TASK DESCRIPTION >> Please restate, word for word, each line from the one containing "ap (λ t. ok (prefix ++ t)) (syntax_error_lem" through the end of the entries below.

>>>>>

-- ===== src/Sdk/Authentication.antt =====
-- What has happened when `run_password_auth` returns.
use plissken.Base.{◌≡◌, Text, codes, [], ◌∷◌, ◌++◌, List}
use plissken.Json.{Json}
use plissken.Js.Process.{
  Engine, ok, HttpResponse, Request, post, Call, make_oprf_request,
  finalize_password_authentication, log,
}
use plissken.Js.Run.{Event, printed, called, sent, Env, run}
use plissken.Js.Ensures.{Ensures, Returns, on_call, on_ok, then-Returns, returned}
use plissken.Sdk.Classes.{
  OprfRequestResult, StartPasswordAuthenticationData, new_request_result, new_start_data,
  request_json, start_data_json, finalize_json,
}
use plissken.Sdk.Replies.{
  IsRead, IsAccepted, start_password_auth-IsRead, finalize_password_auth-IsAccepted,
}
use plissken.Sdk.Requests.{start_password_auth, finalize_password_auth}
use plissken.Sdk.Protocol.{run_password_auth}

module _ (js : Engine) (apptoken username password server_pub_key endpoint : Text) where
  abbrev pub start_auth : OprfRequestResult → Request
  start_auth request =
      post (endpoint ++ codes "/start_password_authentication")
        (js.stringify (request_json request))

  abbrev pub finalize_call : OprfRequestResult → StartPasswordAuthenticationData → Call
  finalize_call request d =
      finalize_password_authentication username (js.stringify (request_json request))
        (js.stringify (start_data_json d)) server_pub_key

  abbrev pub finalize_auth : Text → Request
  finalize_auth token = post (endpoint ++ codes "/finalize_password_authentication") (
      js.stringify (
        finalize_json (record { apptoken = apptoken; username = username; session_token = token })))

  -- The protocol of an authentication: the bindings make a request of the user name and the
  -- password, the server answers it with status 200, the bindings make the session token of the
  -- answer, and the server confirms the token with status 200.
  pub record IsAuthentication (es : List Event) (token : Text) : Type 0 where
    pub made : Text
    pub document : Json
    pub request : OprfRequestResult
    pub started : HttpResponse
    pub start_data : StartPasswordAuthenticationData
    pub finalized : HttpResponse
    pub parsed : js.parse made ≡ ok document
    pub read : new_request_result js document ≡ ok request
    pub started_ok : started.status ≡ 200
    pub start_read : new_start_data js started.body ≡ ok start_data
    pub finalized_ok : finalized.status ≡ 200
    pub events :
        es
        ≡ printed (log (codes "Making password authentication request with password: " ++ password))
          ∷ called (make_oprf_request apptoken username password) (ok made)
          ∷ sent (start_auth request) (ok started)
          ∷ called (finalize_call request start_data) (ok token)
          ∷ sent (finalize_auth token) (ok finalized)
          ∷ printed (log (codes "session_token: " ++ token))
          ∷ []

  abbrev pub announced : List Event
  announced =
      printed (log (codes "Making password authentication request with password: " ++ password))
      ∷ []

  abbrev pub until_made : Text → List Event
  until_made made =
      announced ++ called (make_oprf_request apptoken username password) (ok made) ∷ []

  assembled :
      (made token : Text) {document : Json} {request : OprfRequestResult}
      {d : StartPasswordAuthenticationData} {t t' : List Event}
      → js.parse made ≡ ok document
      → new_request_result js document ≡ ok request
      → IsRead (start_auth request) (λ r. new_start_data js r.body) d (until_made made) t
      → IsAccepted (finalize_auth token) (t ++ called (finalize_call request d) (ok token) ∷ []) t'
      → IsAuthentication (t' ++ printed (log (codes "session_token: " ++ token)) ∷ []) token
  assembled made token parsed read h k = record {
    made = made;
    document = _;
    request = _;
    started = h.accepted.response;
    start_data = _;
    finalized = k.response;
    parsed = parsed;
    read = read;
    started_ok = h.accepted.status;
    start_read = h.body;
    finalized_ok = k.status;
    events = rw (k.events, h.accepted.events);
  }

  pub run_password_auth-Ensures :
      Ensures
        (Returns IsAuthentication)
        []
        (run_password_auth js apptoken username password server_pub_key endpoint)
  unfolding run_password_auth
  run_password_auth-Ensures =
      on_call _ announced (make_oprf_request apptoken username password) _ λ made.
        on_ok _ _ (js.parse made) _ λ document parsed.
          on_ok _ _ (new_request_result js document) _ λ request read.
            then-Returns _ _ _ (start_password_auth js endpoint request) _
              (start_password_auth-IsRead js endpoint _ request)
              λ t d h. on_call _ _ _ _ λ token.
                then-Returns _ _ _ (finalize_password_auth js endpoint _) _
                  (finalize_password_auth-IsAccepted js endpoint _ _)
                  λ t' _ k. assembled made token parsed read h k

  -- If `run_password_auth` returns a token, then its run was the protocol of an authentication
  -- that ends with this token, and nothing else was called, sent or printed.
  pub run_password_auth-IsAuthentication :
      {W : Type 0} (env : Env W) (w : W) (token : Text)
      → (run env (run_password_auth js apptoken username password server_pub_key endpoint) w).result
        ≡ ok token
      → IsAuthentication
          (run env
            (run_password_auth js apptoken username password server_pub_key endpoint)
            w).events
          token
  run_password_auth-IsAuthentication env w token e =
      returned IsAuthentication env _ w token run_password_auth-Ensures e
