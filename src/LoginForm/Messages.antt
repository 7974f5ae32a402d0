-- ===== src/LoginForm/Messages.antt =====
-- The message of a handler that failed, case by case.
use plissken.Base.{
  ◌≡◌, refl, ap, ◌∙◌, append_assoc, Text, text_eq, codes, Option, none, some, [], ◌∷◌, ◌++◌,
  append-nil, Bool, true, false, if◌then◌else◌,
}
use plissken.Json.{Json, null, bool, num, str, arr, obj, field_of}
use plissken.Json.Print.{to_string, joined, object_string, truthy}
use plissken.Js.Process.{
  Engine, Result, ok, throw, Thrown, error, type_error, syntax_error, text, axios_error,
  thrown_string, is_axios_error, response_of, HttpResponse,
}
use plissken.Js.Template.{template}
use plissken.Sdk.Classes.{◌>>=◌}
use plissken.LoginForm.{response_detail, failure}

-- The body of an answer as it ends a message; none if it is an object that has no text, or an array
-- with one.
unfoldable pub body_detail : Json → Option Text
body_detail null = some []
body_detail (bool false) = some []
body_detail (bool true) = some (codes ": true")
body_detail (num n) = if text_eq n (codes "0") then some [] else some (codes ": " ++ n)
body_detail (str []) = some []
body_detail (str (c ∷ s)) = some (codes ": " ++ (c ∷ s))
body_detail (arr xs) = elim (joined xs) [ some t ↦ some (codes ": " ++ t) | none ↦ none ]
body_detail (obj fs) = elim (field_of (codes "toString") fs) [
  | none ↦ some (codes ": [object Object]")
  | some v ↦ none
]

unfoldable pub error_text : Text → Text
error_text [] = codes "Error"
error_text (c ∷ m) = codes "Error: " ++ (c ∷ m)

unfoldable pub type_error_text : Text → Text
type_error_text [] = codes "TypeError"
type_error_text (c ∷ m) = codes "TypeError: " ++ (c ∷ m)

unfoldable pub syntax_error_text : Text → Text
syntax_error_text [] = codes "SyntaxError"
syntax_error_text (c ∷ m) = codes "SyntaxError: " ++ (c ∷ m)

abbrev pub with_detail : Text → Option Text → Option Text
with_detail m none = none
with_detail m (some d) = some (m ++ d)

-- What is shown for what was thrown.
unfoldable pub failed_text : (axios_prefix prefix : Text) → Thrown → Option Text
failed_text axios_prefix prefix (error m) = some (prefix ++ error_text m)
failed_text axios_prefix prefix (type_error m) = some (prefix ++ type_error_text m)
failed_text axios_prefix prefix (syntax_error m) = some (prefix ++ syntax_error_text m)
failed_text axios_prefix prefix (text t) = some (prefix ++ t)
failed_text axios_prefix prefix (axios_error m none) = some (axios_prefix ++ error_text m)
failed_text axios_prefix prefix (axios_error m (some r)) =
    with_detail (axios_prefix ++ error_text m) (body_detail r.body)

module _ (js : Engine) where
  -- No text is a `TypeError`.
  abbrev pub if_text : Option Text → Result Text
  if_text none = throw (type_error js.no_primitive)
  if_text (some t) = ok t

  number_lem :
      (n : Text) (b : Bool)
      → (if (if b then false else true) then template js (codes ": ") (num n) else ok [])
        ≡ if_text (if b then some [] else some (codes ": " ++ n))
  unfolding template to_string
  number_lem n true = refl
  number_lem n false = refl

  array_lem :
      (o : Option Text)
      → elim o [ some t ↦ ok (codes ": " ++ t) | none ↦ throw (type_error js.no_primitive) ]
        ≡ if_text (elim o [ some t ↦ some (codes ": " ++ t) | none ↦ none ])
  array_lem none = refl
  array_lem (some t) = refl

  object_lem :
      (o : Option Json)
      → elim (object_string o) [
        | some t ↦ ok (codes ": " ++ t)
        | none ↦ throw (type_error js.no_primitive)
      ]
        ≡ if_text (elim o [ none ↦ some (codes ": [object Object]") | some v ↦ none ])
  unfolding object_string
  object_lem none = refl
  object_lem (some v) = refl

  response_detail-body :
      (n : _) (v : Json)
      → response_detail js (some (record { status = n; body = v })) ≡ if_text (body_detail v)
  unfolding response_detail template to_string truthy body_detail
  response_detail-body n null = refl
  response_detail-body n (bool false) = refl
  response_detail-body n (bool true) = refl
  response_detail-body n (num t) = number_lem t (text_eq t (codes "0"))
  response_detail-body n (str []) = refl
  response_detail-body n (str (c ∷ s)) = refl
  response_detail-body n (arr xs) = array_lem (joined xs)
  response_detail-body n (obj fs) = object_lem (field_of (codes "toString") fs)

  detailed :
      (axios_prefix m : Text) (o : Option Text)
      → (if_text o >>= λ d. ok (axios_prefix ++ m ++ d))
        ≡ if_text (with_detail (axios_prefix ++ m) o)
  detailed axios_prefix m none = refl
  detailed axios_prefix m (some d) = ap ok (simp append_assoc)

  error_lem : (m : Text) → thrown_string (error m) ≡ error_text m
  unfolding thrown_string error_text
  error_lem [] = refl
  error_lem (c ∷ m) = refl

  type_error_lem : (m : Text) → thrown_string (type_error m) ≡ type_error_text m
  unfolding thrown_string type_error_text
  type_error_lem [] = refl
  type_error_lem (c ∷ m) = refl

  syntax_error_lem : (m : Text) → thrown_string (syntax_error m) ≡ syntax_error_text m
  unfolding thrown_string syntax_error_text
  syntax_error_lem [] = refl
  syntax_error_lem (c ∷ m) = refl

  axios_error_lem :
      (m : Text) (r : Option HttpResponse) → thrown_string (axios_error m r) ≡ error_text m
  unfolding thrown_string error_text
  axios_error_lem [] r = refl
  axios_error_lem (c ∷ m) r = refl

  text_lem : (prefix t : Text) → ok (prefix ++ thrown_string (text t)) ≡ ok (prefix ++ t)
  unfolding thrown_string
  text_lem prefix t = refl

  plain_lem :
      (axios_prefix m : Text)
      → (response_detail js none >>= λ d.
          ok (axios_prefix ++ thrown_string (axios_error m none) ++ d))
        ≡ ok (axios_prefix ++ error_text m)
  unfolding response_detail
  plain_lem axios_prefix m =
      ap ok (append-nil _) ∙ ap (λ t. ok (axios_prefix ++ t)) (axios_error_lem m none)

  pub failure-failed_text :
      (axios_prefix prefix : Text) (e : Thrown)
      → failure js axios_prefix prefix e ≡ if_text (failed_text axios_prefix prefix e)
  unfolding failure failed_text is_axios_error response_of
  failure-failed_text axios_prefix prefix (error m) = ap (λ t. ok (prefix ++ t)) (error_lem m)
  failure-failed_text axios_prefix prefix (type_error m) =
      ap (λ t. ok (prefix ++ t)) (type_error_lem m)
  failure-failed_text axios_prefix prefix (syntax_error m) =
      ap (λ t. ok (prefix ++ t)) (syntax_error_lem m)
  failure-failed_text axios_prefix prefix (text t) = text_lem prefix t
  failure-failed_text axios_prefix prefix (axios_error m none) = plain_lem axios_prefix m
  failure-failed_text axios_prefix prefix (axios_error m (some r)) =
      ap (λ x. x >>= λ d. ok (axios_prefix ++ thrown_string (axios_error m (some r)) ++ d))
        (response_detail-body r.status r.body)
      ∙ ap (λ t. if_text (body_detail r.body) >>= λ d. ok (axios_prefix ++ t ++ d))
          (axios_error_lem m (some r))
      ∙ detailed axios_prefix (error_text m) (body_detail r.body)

<<<<<

FINISHED EXERCISE >>
      ap (λ t. ok (prefix ++ t)) (syntax_error_lem m)
  failure-failed_text axios_prefix prefix (text t) = text_lem prefix t
  failure-failed_text axios_prefix prefix (axios_error m none) = plain_lem axios_prefix m
  failure-failed_text axios_prefix prefix (axios_error m (some r)) =
      ap (λ x. x >>= λ d. ok (axios_prefix ++ thrown_string (axios_error m (some r)) ++ d))
        (response_detail-body r.status r.body)
      ∙ ap (λ t. if_text (body_detail r.body) >>= λ d. ok (axios_prefix ++ t ++ d))
          (axios_error_lem m (some r))
      ∙ detailed axios_prefix (error_text m) (body_detail r.body)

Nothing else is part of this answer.